Mis à jour le 18 août 2026 · Par Nikita Fedorov, conseiller en gestion de patrimoine

Vous êtes assis en face de quelqu'un. La personne est agréable, elle parle bien, elle évoque vos projets, vos enfants, vos impôts. Au bout d'une heure, vous ressortez avec une proposition et une impression diffuse : c'était sérieux, sans doute. Mais vous seriez bien incapable de dire pourquoi.

Ce flottement est très répandu. Selon le baromètre de l'épargne et de l'investissement publié par l'Autorité des marchés financiers le 19 décembre 2025, réalisé auprès de 2 120 personnes, 42 % des Français s'appuient sur un conseiller pour s'informer, contre 48 % un an plus tôt, et seulement 23 % pour décider. La défiance progresse. Le problème, c'est que décider seul n'est pas une protection non plus.

Il existe une troisième voie : apprendre à auditer le cabinet en face de vous. Ce n'est pas une question de flair. Ce sont des registres publics, des documents que la loi vous doit, et sept questions que la plupart des clients regrettent de ne pas avoir posées. Cet article vous les donne, y compris celles qui pourraient nous desservir.

L'essentiel en 30 secondes

  • « Conseiller en gestion de patrimoine » n'est protégé par aucun texte. Ce qui est réglementé, ce sont les habilitations qu'il y a derrière.
  • Le numéro ORIAS se vérifie librement sur orias.fr, en une minute, avant même le premier rendez-vous.
  • Au sens de l'AMF, « indépendant » désigne un régime réglementaire précis, pas une qualité morale. Très peu de cabinets français en relèvent.
  • La rémunération d'un cabinet se lit en trois temps : le conseil, la mise en place, le suivi.
  • La loi impose trois écrits : une information avant le conseil, une lettre de mission signée, une déclaration d'adéquation (article L541-8-1 du code monétaire et financier).

Qu'est-ce qu'un cabinet de gestion de patrimoine, et qui a le droit de porter ce titre ?

N'importe qui. L'appellation « conseiller en gestion de patrimoine » n'est protégée par aucun texte français. Elle ne s'obtient pas, elle se choisit. Ce qui est réglementé, en revanche, ce sont les habilitations qui permettent d'exercer réellement : conseiller sur des placements financiers, distribuer des contrats d'assurance, intervenir sur un crédit.

Un cabinet de gestion de patrimoine à Metz est donc, dans les faits, un empilement de statuts distincts, chacun avec sa propre autorité de tutelle. Le titre affiché sur la porte ne vous dit rien. Le numéro d'immatriculation, lui, dit tout.

La profession est nombreuse et elle grandit vite.
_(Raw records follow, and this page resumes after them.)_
-- ===== src/L3Book/AddKeeps.antt =====
-- `add_order` of src/book/l3_book.cpp keeps the invariant, and appends the order to the queue of its side
-- and price.
use itchcpp.Prelude.{
  ℕ, suc, ◌+◌, ◌<◌, ◌≤◌, ◌≡◌, refl, sym, ◌∙◌, ap, subst, List, [], ◌∷◌, ◌++◌, Option, some, true,
  false, inl, inr, Bool-cases, ◌==◌, if◌then◌else◌, length, length-append, arith,
}
use itchcpp.L3Book.{
  Side, buy, sell, Level, L3Book, nil, blank_node, node_at, lower_bound, side_levels, put_levels,
  allocate_node, add_order, contains,
}
use itchcpp.L3Book.Interface.{Index, npos}
use itchcpp.L3Book.Vectors.{set}
use itchcpp.L3Book.Segments.{has, has_ne, has-append, Cells}
use itchcpp.L3Book.Ladder.{lookup, Sorted}
use itchcpp.L3Book.Updates.{orders_on, length-le-orders_on}
use itchcpp.L3Book.Places.{level_or_new, prepared, Written, prepared-Written}
use itchcpp.L3Book.Queues.{SameOrder}
use itchcpp.L3Book.WellFormed.{
  cells, here, Holds, Fits, FreeList, Resting, Unused, Found, WellFormed,
}
use itchcpp.L3Book.Allocation.{
  Allocated, FreeList-frame, Unused-not_queued, allocate_node-Allocated,
}
use itchcpp.L3Book.Levels.{
  put_queue, here-eq, here_refl, total_orders-put, side_levels-le-total, lookup-put, Sorted-put,
  Fits-put,
}
use itchcpp.L3Book.Adding.{order_node, grown, queued, laddered, placed, place_node-placed}
use itchcpp.L3Book.Placement.{
  side_levels-Allocated, old_level-Describes, queued-Relinked, order_kept, order_new, node_kept,
  queued-size, grown-Holds,
}

-- A level has an order, so there are no more levels than nodes.
module _ {T : Type 0} ⦃idx : Index T⦄ (b : L3Book T) (w : WellFormed b) where
  level_counts :
      (s : Side) (p : ℕ) (l : Level) → lookup p (side_levels b s) ≡ some l → 0 < l.order_count
  level_counts s p l e =
      let h : Holds (cells b) l (w.queues s p) =
        subst (λ (o : Option Level). Fits (cells b) o (w.queues s p)) e (w.fits s p) in
      omega (arith, h.count, h.some_orders)

  pub levels-bound : (s : Side) → length (side_levels b s) ≤ length b.pool
  levels-bound s = omega (
    arith,
    length-le-orders_on s (side_levels b s) (w.sorted s) (level_counts s),
    side_levels-le-total b s,
    w.balance,
  )

module _ {T : Type 0} ⦃idx : Index T⦄ (b b1 : L3Book T) (w : WellFormed b) (i ref : ℕ) (s : Side)
    (n p : ℕ) (a : Allocated b b1 i w) (absent : idx.find b.index ref ≡ npos) where
  written :
      Written s p
        (side_levels b s)
        (w.sorted s)
        (level_or_new p (lookup p (side_levels b s)))
        (grown (queued b1 i ref s n p).1 n)
        (laddered b1 i ref s n p)
  written =
      let level : Level = grown (queued b1 i ref s n p).1 n in
      subst
        (λ (ls : List Level).
          Written s p (side_levels b s) (w.sorted s) (level_or_new p (lookup p (side_levels b s)))
            level (set (prepared s p ls) (lower_bound s ls p) level))
        (sym (side_levels-Allocated b b1 w i ref s n p a s))
        (prepared-Written s p (side_levels b s) (w.sorted s) level priced).0
    where
      priced : (grown (queued b1 i ref s n p).1 n).price ≡ p
      priced =
          (queued-Relinked b b1 w i ref s n p a).price_same
          ∙ (old_level-Describes b b1 w i ref s n p a).priced

  find_placed :
      (r : ℕ)
      → idx.find (placed b1 i ref s n p).index r ≡ (if ref == r then i else idx.find b.index r)
  find_placed r = rw (idx.find-insert b1.index ref i r, a.index_same)

  queue_keeps :
      (c : Side) (q x : ℕ)
      → has x (w.queues c q) ≡ true
      → has x (put_queue w.queues s p (w.queues s p ++ i ∷ []) c q) ≡ true
  queue_keeps c q x m = elim (Bool-cases (here s p c q)) [
    | inl this ↦
        let (e, k) = here-eq s p c q this in
        let m' : has x (w.queues s p) ≡ true = rw (e, k) m in
        rw this (ground (arith, has-append x (w.queues s p) (i ∷ [])))
    | inr other ↦ rw other m
  ]

  find_kept :
      (x : ℕ)
      → idx.find b.index (cells b x).reference_number ≡ x
      → x < nil
      → idx.find (placed b1 i ref s n p).index (cells b x).reference_number ≡ x
  find_kept x known small = ground (arith, find_placed (cells b x).reference_number)

  -- The nodes after the addition
  abbrev nodes : Cells
  nodes = node_at (queued b1 i ref s n p).0

  find_new : idx.find (placed b1 i ref s n p).index ref ≡ i
  find_new = ground (arith, find_placed ref)

  new-Resting :
      Resting nodes
        (length (queued b1 i ref s n p).0)
        (idx.find (placed b1 i ref s n p).index)
        s
        p
        i
  new-Resting =
      let o : SameOrder (order_node blank_node ref s n p) (nodes i) =
        order_new b b1 w i ref s n p a in
      record {
        bound = omega (arith, a.bound, queued-size b b1 w i ref s n p a);
        on_side = o.side_same;
        at_price = o.price_same;
        known = rw (o.ref_same) find_new;
      }

  add-Resting :
      (c : Side) (q x : ℕ)
      → has x (put_queue w.queues s p (w.queues s p ++ i ∷ []) c q) ≡ true
      → Resting nodes
          (length (queued b1 i ref s n p).0)
          (idx.find (placed b1 i ref s n p).index)
          c
          q
          x
  add-Resting c q x m = elim (Bool-cases (i == x)) [
    | inl new ↦
        let e : i ≡ x = ground arith in
        let (k, l) = here-eq s p c q (is_here c q x m e) in rw (sym e, sym k, sym l) new-Resting
    | inr old ↦
        let r : Resting (cells b) (length b.pool) (idx.find b.index) c q x =
          w.resting c q x (was_queued c q x m old) in
        let o : SameOrder (cells b x) (nodes x) = order_kept b b1 w i ref s n p a x old in
        record {
          bound = omega (arith, r.bound, a.grows, queued-size b b1 w i ref s n p a);
          on_side = o.side_same ∙ r.on_side;
          at_price = o.price_same ∙ r.at_price;
          known = rw (o.ref_same) (find_kept x r.known (omega (arith, r.bound, w.room)));
        }
  ]
    where
      was_queued :
          (c : Side) (q x : ℕ)
          → has x (put_queue w.queues s p (w.queues s p ++ i ∷ []) c q) ≡ true
          → (i == x) ≡ false
          → has x (w.queues c q) ≡ true
      was_queued c q x m old = elim (Bool-cases (here s p c q)) [
        | inl this ↦
            let (e, k) = here-eq s p c q this in
            let m' : has x (w.queues s p ++ i ∷ []) ≡ true = rw this at m in
            rw (sym e, sym k) (ground (arith, has-append x (w.queues s p) (i ∷ [])))
        | inr other ↦ rw other at m
      ]

      is_here :
          (c : Side) (q x : ℕ)
          → has x (put_queue w.queues s p (w.queues s p ++ i ∷ []) c q) ≡ true
          → i ≡ x
          → here s p c q ≡ true
      is_here c q x m e = elim (Bool-cases (here s p c q)) [
        | inl this ↦ this
        | inr other ↦
            let m' : has x (w.queues c q) ≡ true = rw other at m in
            let m'' : has i (w.queues c q) ≡ true = rw e m' in absurd (ground (arith, a.fresh c q))
      ]

  add-Unused :
      (x : ℕ)
      → has x a.free' ≡ true
      → Unused nodes (length (queued b1 i ref s n p).0) (idx.find (placed b1 i ref s n p).index) x
  add-Unused x m =
      let u : Unused (cells b) (length b.pool) (idx.find b.index) x =
        w.unused x (a.from_free x m) in
      let ne : (i == x) ≡ false = has_ne i x a.free' a.taken m in
      let o : SameOrder (cells b x) (nodes x) = order_kept b b1 w i ref s n p a x ne in
      record {
        bound = omega (arith, u.bound, a.grows, queued-size b b1 w i ref s n p a);
        unknown =
            rw (o.ref_same, find_placed (cells b x).reference_number) (ground (arith, u.unknown));
      }

  add-FreeList : FreeList nodes a.free' b1.free_head
  add-FreeList =
      FreeList-frame (cells b1) nodes a.free' b1.free_head
        (λ x m.
          let ne : (i == x) ≡ false = has_ne i x a.free' a.taken m in
          let out : has x (w.queues s p) ≡ false =
            Unused-not_queued b w x (w.unused x (a.from_free x m)) s p in
          node_kept b b1 w i ref s n p a x (ground arith) ∙ sym (a.others x ne))
        a.list'

  add-Found :
      (r : ℕ)
      → (idx.find (placed b1 i ref s n p).index r == npos) ≡ false
      → Found nodes
          (put_queue w.queues s p (w.queues s p ++ i ∷ []))
          r
          (idx.find (placed b1 i ref s n p).index r)
  add-Found r known = elim (Bool-cases (ref == r)) [
    | inl same ↦
        let e : ref ≡ r = ground arith in
        let o : SameOrder (order_node blank_node ref s n p) (nodes i) =
          order_new b b1 w i ref s n p a in
        let queued_here : has i (put_queue w.queues s p (w.queues s p ++ i ∷ []) s p) ≡ true =
          rw (here_refl s p) (ground (arith, has-append i (w.queues s p) (i ∷ []))) in
        rw (find_placed r, same)
          (record { queued = rw (o.side_same, o.price_same) queued_here; named = o.ref_same ∙ e })
    | inr other ↦
        let there : idx.find (placed b1 i ref s n p).index r ≡ idx.find b.index r =
          ground (arith, find_placed r) in
        let x : ℕ = idx.find b.index r in
        let f : Found (cells b) w.queues r x = w.found r (rw there at known) in
        let ne : (i == x) ≡ false =
          has_ne i x (w.queues (cells b x).side (cells b x).price)
            (a.fresh (cells b x).side (cells b x).price) f.queued in
        let o : SameOrder (cells b x) (nodes x) = order_kept b b1 w i ref s n p a x ne in
        rw there (record {
          queued =
              rw (o.side_same, o.price_same)
                (queue_keeps (cells b x).side (cells b x).price x f.queued);
          named = o.ref_same ∙ f.named;
        })
  ]

  side_levels-placed :
      (c : Side)
      → side_levels (placed b1 i ref s n p) c
        ≡ side_levels (put_levels b1 s (laddered b1 i ref s n p)) c
  unfolding side_levels
  side_levels-placed buy = refl
  side_levels-placed sell = refl

  lookup-placed :
      (c : Side) (q : ℕ)
      → lookup q (side_levels (placed b1 i ref s n p) c) ≡ (
          if here s p c q
          then some (grown (queued b1 i ref s n p).1 n)
          else lookup q (side_levels b c))
  lookup-placed c q =
      let level : Level = grown (queued b1 i ref s n p).1 n in
      let same : (d : Side) → side_levels b1 d ≡ side_levels b d =
        side_levels-Allocated b b1 w i ref s n p a in
      ap (lookup q) (side_levels-placed c)
      ∙ lookup-put b1 s p (some level) (laddered b1 i ref s n p)
          (λ r.
            written.looked_up r
            ∙ ap (λ (ls : List Level). if p == r then some level else lookup r ls) (sym (same s)))
          c q
      ∙ ap (λ (ls : List Level). if here s p c q then some level else lookup q ls) (same c)

  Sorted-placed : (c : Side) → Sorted c (side_levels (placed b1 i ref s n p) c)
  Sorted-placed c = subst (Sorted c) (sym (side_levels-placed c)) (
      Sorted-put b1 s (laddered b1 i ref s n p)
        (λ d. subst (Sorted d) (sym (side_levels-Allocated b b1 w i ref s n p a d)) (w.sorted d))
        written.stays_sorted c)

  add_balance :
      orders_on (placed b1 i ref s n p).bids
        + orders_on (placed b1 i ref s n p).asks
        + length a.free'
      ≡ length (queued b1 i ref s n p).0
  add_balance = omega (
    arith,
    total_orders-put b1 s (laddered b1 i ref s n p),
    written.counted,
    ap orders_on (side_levels-Allocated b b1 w i ref s n p a s),
    ap orders_on a.bids_same,
    ap orders_on a.asks_same,
    w.balance,
    a.counted,
    (grown-Holds b b1 w i ref s n p a).count,
    (old_level-Describes b b1 w i ref s n p a).count,
    length-append (w.queues s p) (i ∷ []),
    queued-size b b1 w i ref s n p a,
  )

  pub placed-WellFormed : WellFormed (placed b1 i ref s n p)
  placed-WellFormed = record {
    queues = put_queue w.queues s p (w.queues s p ++ i ∷ []);
    free = a.free';
    fits =
        Fits-put b w nodes (λ c. side_levels (placed b1 i ref s n p) c) s p i
          (some (grown (queued b1 i ref s n p).1 n)) (w.queues s p ++ i ∷ []) lookup-placed
          (grown-Holds b b1 w i ref s n p a) (node_kept b b1 w i ref s n p a)
          (λ c q other. a.fresh c q);
    resting = add-Resting;
    unused = add-Unused;
    free_list = add-FreeList;
    found = add-Found;
    sorted = Sorted-placed;
    balance = add_balance;
    room = rw (queued-size b b1 w i ref s n p a) a.room';
  }

  pub placed-queues :
      (c : Side) (q : ℕ)
      → placed-WellFormed.queues c q ≡ put_queue w.queues s p (w.queues s p ++ i ∷ []) c q
  unfolding placed-WellFormed
  placed-queues c q = refl

-- What `add_order` does to a reference number that is not in the book.
module _ {T : Type 0} ⦃idx : Index T⦄ (b : L3Book T) (w : WellFormed b) (ref : ℕ) (s : Side)
    (n p : ℕ) (small : length b.pool < nil) (absent : contains b ref ≡ false) where
  absent_index : idx.find b.index ref ≡ npos
  absent_index = unfold contains in ground arith

  pub add_order-placed :
      add_order b ref s n p ≡ placed (allocate_node b).0 (allocate_node b).1 ref s n p
  unfolding add_order
  add_order-placed =
      let a : Allocated b (allocate_node b).0 (allocate_node b).1 w =
        allocate_node-Allocated b w small in
      let same : side_levels (allocate_node b).0 s ≡ side_levels b s =
        side_levels-Allocated b (allocate_node b).0 w (allocate_node b).1 ref s n p a s in
      rw absent_index (
        place_node-placed (allocate_node b).0 (allocate_node b).1 ref s n p
          (subst (Sorted s) (sym same) (w.sorted s))
          (omega (arith, ap length same, levels-bound b w s, w.room)))

  pub add_order-WellFormed : WellFormed (add_order b ref s n p)
  add_order-WellFormed = subst WellFormed (sym add_order-placed) (
      placed-WellFormed b (allocate_node b).0 w (allocate_node b).1 ref s n p
        (allocate_node-Allocated b w small) absent_index)

  pub add_order-size : length (add_order b ref s n p).pool ≤ suc (length b.pool)
  add_order-size =
      let a : Allocated b (allocate_node b).0 (allocate_node b).1 w =
        allocate_node-Allocated b w small in
      rw add_order-placed (
        omega
          (arith, a.by_one, queued-size b (allocate_node b).0 w (allocate_node b).1 ref s n p a))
Selon le rapport annuel de l'ORIAS portant sur 2024, publié le 4 septembre 2025, la France comptait 7 054 conseillers en investissements financiers immatriculés, en hausse de 5,1 % sur un an et de près de 45 % en onze ans. D'où l'utilité de savoir trier.

Le statut Ce qu'il autorise Qui le contrôle Où le vérifier
CIF, conseiller en investissements financiers Conseiller sur des placements financiers et formaliser une stratégie AMF orias.fr, puis le site de l'association agréée
Courtier en assurance (IAS) Distribuer des contrats d'assurance, dont l'assurance vie ACPR orias.fr
IOBSP Intervenir sur les opérations de banque et de crédit ACPR orias.fr
Agent général Représenter une ou plusieurs compagnies dans le cadre d'un mandat exclusif ACPR orias.fr
Mandataire Distribuer pour le compte d'une entreprise d'assurance, avec ou sans exclusivité ACPR orias.fr

La différence entre ces lignes n'est pas cosmétique. Selon France Assureurs, le courtier « agit pour le compte de ses clients » et « engage en principe sa responsabilité professionnelle », là où l'agent général a signé « un mandat exclusif avec une ou plusieurs entreprises d'assurance » et « représente sur le terrain l'entreprise d'assurance ». Deux métiers honorables, deux loyautés différentes. Vous avez le droit de savoir laquelle s'applique à vous.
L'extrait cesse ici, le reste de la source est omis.